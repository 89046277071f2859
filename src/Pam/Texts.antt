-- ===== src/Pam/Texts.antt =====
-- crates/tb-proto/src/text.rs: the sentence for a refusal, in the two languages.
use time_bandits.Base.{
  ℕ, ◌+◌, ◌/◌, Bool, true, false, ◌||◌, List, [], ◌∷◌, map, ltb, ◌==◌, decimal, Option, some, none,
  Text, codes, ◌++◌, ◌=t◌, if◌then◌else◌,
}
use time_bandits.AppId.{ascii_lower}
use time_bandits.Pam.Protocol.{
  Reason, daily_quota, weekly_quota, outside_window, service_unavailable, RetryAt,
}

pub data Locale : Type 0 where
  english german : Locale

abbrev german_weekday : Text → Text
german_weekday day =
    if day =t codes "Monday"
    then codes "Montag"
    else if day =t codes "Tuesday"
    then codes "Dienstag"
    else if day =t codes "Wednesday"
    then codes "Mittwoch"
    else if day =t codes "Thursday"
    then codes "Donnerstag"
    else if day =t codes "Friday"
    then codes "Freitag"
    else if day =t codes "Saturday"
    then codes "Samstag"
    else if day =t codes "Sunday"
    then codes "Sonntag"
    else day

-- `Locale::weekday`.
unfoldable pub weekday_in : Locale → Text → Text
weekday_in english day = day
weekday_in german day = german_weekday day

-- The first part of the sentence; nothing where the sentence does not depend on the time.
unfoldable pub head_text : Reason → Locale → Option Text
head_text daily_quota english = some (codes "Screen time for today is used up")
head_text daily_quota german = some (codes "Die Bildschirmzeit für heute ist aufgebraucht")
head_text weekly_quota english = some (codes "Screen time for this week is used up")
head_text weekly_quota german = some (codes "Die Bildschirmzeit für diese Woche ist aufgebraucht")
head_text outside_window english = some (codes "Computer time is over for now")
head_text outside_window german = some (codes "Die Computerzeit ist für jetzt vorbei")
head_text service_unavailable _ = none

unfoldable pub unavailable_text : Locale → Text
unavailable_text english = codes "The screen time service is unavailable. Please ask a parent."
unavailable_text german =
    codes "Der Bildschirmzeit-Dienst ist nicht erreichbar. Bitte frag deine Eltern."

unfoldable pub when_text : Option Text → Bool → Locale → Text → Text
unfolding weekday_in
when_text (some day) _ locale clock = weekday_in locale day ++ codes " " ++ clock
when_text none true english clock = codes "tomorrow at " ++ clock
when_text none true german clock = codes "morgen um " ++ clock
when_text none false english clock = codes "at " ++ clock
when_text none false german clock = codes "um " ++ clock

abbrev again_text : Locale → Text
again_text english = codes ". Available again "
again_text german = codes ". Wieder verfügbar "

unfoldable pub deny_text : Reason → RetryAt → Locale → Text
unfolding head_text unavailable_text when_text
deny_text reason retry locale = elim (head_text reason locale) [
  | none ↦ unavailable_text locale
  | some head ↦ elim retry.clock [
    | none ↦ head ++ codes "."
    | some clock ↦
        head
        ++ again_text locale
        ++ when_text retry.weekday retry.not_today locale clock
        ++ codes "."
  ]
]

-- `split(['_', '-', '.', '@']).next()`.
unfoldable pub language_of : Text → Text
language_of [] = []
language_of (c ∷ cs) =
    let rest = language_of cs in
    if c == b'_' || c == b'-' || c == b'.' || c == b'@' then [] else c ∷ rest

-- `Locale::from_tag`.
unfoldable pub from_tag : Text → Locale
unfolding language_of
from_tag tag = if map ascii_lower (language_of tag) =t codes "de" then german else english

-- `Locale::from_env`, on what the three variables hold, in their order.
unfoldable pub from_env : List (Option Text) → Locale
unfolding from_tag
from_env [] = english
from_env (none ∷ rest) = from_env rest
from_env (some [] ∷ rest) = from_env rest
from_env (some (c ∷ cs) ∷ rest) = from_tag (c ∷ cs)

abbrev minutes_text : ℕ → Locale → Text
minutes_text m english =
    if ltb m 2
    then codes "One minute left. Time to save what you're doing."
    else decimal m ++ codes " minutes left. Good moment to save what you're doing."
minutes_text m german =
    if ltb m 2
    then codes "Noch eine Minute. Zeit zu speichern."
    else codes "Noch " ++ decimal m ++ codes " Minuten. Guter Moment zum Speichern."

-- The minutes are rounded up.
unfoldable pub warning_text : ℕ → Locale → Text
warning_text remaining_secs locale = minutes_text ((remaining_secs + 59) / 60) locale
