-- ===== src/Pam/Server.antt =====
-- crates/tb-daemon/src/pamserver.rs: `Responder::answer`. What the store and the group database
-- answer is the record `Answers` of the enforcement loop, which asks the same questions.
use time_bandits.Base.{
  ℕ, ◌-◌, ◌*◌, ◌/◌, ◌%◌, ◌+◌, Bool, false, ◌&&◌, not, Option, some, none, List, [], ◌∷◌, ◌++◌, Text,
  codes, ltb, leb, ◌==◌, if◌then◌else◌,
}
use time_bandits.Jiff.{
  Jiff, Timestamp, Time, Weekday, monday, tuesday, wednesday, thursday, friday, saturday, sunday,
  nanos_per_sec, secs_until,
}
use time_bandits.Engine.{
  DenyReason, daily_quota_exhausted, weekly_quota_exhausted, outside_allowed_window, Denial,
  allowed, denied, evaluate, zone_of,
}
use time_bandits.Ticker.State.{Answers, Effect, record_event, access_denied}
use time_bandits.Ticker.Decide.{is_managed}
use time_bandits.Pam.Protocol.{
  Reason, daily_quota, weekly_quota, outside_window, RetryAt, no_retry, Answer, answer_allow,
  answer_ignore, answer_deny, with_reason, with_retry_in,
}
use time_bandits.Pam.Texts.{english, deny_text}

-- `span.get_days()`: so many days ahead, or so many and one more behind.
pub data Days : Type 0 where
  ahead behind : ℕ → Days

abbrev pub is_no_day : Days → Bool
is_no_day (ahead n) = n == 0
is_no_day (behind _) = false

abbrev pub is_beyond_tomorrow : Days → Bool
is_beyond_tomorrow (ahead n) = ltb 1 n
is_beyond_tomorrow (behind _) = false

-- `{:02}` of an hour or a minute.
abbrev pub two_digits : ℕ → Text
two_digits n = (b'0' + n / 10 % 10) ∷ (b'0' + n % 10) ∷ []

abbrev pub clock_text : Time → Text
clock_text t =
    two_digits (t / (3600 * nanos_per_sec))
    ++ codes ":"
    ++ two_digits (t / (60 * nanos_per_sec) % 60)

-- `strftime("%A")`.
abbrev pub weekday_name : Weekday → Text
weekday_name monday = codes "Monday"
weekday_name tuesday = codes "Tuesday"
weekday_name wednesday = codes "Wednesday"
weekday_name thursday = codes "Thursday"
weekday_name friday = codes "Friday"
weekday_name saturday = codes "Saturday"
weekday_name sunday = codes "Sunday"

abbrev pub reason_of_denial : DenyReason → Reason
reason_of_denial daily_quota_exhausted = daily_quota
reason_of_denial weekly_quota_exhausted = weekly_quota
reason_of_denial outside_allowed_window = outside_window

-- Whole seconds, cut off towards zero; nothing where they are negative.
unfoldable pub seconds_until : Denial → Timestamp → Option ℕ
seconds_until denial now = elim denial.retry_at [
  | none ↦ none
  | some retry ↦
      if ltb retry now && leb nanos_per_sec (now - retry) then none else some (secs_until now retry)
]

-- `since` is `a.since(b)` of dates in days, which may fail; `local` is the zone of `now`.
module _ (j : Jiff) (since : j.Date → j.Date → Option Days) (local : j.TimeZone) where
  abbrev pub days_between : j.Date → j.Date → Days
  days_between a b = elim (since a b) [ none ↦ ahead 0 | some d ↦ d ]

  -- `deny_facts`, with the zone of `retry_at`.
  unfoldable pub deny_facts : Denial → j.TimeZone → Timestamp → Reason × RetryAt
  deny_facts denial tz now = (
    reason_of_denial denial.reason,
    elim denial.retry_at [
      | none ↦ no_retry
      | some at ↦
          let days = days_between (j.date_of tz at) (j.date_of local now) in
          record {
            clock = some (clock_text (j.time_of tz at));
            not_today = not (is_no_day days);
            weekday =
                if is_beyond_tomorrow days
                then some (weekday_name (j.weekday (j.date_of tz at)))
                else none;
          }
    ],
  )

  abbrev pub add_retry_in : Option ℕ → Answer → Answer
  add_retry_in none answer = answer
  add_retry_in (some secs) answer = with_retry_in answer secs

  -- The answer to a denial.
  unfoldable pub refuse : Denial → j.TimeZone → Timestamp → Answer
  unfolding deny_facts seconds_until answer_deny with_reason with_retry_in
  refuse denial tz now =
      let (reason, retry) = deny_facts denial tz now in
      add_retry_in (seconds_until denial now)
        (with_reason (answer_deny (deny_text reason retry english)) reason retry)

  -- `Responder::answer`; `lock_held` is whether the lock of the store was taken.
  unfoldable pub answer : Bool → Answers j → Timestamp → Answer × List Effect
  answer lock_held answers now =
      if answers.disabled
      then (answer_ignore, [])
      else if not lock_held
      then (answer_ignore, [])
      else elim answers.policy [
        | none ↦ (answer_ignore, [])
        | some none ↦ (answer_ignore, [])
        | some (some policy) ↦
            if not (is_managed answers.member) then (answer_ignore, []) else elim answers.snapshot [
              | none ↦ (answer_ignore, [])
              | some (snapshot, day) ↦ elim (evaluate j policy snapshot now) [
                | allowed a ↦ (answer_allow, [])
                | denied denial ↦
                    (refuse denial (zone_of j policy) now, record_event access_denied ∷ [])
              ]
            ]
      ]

==

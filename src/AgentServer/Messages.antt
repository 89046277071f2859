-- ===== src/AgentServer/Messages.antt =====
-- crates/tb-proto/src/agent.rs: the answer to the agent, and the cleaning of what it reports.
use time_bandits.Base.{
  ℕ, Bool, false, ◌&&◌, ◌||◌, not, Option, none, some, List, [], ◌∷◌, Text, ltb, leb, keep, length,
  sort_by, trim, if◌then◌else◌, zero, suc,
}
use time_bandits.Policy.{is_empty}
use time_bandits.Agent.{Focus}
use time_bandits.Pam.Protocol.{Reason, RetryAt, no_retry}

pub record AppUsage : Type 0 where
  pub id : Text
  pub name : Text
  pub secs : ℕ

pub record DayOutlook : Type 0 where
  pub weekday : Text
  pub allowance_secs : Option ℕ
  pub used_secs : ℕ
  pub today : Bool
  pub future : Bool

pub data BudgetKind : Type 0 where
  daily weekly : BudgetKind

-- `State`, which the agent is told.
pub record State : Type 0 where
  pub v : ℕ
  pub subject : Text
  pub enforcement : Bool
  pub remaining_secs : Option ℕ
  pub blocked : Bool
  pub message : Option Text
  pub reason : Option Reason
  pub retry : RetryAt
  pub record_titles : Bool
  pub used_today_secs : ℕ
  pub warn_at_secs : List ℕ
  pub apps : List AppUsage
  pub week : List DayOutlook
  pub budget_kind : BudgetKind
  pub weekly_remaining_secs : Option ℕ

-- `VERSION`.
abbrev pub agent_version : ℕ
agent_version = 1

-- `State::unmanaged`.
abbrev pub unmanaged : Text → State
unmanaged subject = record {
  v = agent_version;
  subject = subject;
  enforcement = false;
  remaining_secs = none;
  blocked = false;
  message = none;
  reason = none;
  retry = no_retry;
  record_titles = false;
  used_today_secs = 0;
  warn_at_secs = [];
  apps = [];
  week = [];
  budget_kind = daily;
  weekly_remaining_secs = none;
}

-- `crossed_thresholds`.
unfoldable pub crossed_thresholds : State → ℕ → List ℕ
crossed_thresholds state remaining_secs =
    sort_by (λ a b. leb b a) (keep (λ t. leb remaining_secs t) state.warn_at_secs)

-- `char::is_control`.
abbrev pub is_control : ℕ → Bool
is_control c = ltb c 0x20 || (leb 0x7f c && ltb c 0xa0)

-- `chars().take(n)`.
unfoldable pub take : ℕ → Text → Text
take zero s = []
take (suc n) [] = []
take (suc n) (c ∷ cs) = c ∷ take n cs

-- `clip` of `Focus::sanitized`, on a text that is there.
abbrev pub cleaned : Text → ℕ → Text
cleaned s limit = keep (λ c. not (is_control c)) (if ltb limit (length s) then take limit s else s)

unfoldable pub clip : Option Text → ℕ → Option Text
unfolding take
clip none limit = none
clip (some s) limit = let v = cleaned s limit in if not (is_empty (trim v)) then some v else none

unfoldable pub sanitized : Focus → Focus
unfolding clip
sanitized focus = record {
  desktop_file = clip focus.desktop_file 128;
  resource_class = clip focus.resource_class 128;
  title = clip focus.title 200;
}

▶ **WORK ITEM**
Transcribe the records above from the line holding "clock = some" down to the line holding "abbrev pub add_retry_in", inclusive, without adding anything.

▶ **ANSWER TO THIS TASK**
            clock = some (clock_text (j.time_of tz at));
            not_today = not (is_no_day days);
            weekday =
                if is_beyond_tomorrow days
                then some (weekday_name (j.weekday (j.date_of tz at)))
                else none;
          }
    ],
  )

  abbrev pub add_retry_in : Option ℕ → Answer → Answer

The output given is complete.